Required action
Output the entries below exactly, from the first line to the line holding "pub per_job_rpm : ℕ", both included.

Given data
====

-- ===== src/Inference.antt =====
-- llm/: the shared quota of inference calls.
pub mod Admission
pub mod Quota
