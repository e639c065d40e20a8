-- ===== src/Inference/Admission.antt =====
-- llm/admission.py: the policy, `acquire`, `finish` and `records` on the calls of one quota key.
-- Instants are microseconds.
use estudio_polymind_llm_orc.Prelude.{
  ℕ, ◌+◌, ◌-◌, String, Bool, true, false, not, ◌&&◌, ◌||◌, Option, none, some, List, [], ◌∷◌, ◌++◌,
  ◌==◌, str_eq, ltb, leb, length, any, find, select, count, sum_of, update, sort_by, if◌then◌else◌,
}
use estudio_polymind_llm_orc.Jobs.Models.{Uuid, Micros, Scope, same_scope}
use estudio_polymind_llm_orc.Governance.Models.{
  Workload, interactive, document_background, CallIdentity,
}

pub record AdmissionPolicy : Type 0 where
  pub rpm : ℕ
  pub tpm : ℕ
  pub concurrent : ℕ
  pub interactive_rpm : ℕ
  pub interactive_tpm : ℕ
  pub interactive_slots : ℕ
  pub per_job_concurrent : ℕ
  pub per_job_rpm : ℕ

-- `AdmissionPolicy.bounds`, with the bounds of the fields
unfoldable pub valid_policy : AdmissionPolicy → Bool
valid_policy p =
    leb 1 p.rpm
    && leb 1 p.tpm
    && leb 2 p.concurrent
    && leb 1 p.interactive_rpm
    && leb 1 p.interactive_tpm
    && leb 1 p.interactive_slots
    && leb 1 p.per_job_concurrent
    && leb 1 p.per_job_rpm
    && ltb p.interactive_rpm p.rpm
    && ltb p.interactive_tpm p.tpm
    && ltb p.interactive_slots p.concurrent
    && leb p.per_job_concurrent (p.concurrent - p.interactive_slots)
    && leb p.per_job_rpm (p.rpm - p.interactive_rpm)

-- a row of `inference_calls`; `usage` is the column's text
pub record CallRow : Type 0 where
  pub ticket : Uuid
  pub quota : String
  pub identity : CallIdentity
  pub workload : Workload
  pub started : Micros
  pub estimated_input : ℕ
  pub reserved_output : ℕ
  pub active : Bool
  pub outcome : String
  pub usage : Option String

pub data Error : Type 0 where
  configuration_error rate_limited : Error

pub data Result {ℓ} (A : Type ℓ) : Type ℓ where
  ok : A → Result A
  err : Error → Result A

abbrev pub is_background : Workload → Bool
is_background document_background = true
is_background interactive = false

abbrev pub is_document : CallRow → Bool
is_document r = is_background r.workload

-- started > now-60, for the minute behind `now`
abbrev pub is_recent : Micros → CallRow → Bool
is_recent now r = ltb now (r.started + 60000000)

-- `rows`: the calls of the quota that are recent or active
unfoldable pub quota_rows : String → Micros → List CallRow → List CallRow
quota_rows quota now = select (λ r. str_eq r.quota quota && (is_recent now r || r.active))

abbrev pub reserved : List CallRow → ℕ
reserved = sum_of (λ r. r.estimated_input + r.reserved_output)

abbrev pub same_job : CallIdentity → CallRow → Bool
same_job i r = r.identity.job == i.job && same_scope r.identity.scope i.scope

-- the tokens that one request may ask for
abbrev pub token_cap : AdmissionPolicy → Workload → ℕ
token_cap p document_background = p.tpm - p.interactive_tpm
token_cap p interactive = p.tpm

-- the tests that every call passes
unfoldable pub over_quota : AdmissionPolicy → ℕ → List CallRow → List CallRow → Bool
over_quota p tokens recent active =
    leb p.rpm (length recent)
    || ltb p.tpm (reserved recent + tokens)
    || leb p.concurrent (length active)

-- the tests that a document call passes as well
unfoldable pub over_documents :
    AdmissionPolicy → CallIdentity → ℕ → List CallRow → List CallRow → Bool
over_documents p i tokens docs doc_active =
    leb (p.rpm - p.interactive_rpm) (length docs)
    || ltb (p.tpm - p.interactive_tpm) (reserved docs + tokens)
    || leb (p.concurrent - p.interactive_slots) (length doc_active)
    || leb p.per_job_concurrent (count (same_job i) doc_active)
    || leb p.per_job_rpm (count (same_job i) docs)

-- `denied` of `acquire`
unfoldable pub denied : AdmissionPolicy → CallIdentity → ℕ → Workload → Micros → List CallRow → Bool
unfolding over_quota over_documents
denied p i tokens w now rows =
    let recent = select (is_recent now) rows in
    let active = select (λ r. r.active) rows in
    over_quota p tokens recent active
    || (is_background w
        && over_documents p i tokens (select is_document recent) (select is_document active))

-- UNIQUE(quota,scope,job,step,attempt)
abbrev pub same_attempt : String → CallIdentity → CallRow → Bool
same_attempt quota i r =
    str_eq r.quota quota
    && same_scope r.identity.scope i.scope
    && r.identity.job == i.job
    && r.identity.step == i.step
    && r.identity.attempt == i.attempt

-- the row that `acquire` inserts
abbrev pub new_call : String → CallIdentity → ℕ → ℕ → Workload → Uuid → Micros → CallRow
new_call quota i input output w ticket now = record {
  ticket = ticket;
  quota = quota;
  identity = i;
  workload = w;
  started = now;
  estimated_input = input;
  reserved_output = output;
  active = true;
  outcome = "unknown";
  usage = none;
}

-- `acquire`, with the random ticket of the call; a violated UNIQUE constraint is an error of SQLite
unfoldable pub acquire :
    AdmissionPolicy
    → String
    → CallIdentity
    → ℕ
    → ℕ
    → Workload
    → Uuid
    → Micros
    → List CallRow
    → Result Uuid × List CallRow
unfolding denied quota_rows
acquire p quota i input output w ticket now calls =
    if not (leb 1 output) || not (leb 1 i.attempt) || ltb (token_cap p w) (input + output)
    then (err configuration_error, calls)
    else if denied p i (input + output) w now (quota_rows quota now calls)
    then (err rate_limited, calls)
    else if any (λ r. same_attempt quota i r || r.ticket == ticket) calls
    then (err configuration_error, calls)
    else (ok ticket, calls ++ new_call quota i input output w ticket now ∷ [])

-- `allowed` of `finish`
abbrev pub outcomes : List String
outcomes =
    "success" ∷ "timeout" ∷ "overloaded" ∷ "provider_unreachable" ∷ "authentication_failure"
    ∷ "configuration_failure" ∷ "protocol_failure" ∷ "model_unavailable" ∷ "output_limit"
    ∷ "context_exceeded" ∷ "upstream_failure" ∷ "unknown" ∷ []

abbrev pub known_outcome : String → String
known_outcome o = if any (λ x. str_eq x o) outcomes then o else "unknown"

abbrev pub finished : String → Option String → CallRow → CallRow
finished outcome usage r = record r { active = false; outcome = outcome; usage = usage }

abbrev pub is_active : Option CallRow → Bool
is_active none = false
is_active (some r) = r.active

-- `finish`
unfoldable pub finish :
    String → Uuid → Option String → String → List CallRow → Result (Unit {0}) × List CallRow
finish quota ticket usage outcome calls =
    if is_active (find (λ r. r.ticket == ticket && str_eq r.quota quota) calls)
    then (ok tt, update (λ r. r.ticket == ticket) (finished (known_outcome outcome) usage) calls)
    else (err configuration_error, calls)

-- `records`
unfoldable pub records : String → Scope → Uuid → List CallRow → List CallRow
records quota scope job calls =
    sort_by (λ a b. ltb a.started b.started)
      (select
        (λ r. str_eq r.quota quota && same_scope r.identity.scope scope && r.identity.job == job)
        calls)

====

Task solution
-- ===== src/Inference.antt =====
-- llm/: the shared quota of inference calls.
pub mod Admission
pub mod Quota
repository e639c065d40e20a8
-- ===== src/Inference/Admission.antt =====
-- llm/admission.py: the policy, `acquire`, `finish` and `records` on the calls of one quota key.
-- Instants are microseconds.
use estudio_polymind_llm_orc.Prelude.{
  ℕ, ◌+◌, ◌-◌, String, Bool, true, false, not, ◌&&◌, ◌||◌, Option, none, some, List, [], ◌∷◌, ◌++◌,
  ◌==◌, str_eq, ltb, leb, length, any, find, select, count, sum_of, update, sort_by, if◌then◌else◌,
}
use estudio_polymind_llm_orc.Jobs.Models.{Uuid, Micros, Scope, same_scope}
use estudio_polymind_llm_orc.Governance.Models.{
  Workload, interactive, document_background, CallIdentity,
}

pub record AdmissionPolicy : Type 0 where
  pub rpm : ℕ
  pub tpm : ℕ
  pub concurrent : ℕ
  pub interactive_rpm : ℕ
  pub interactive_tpm : ℕ
  pub interactive_slots : ℕ
  pub per_job_concurrent : ℕ
  pub per_job_rpm : ℕ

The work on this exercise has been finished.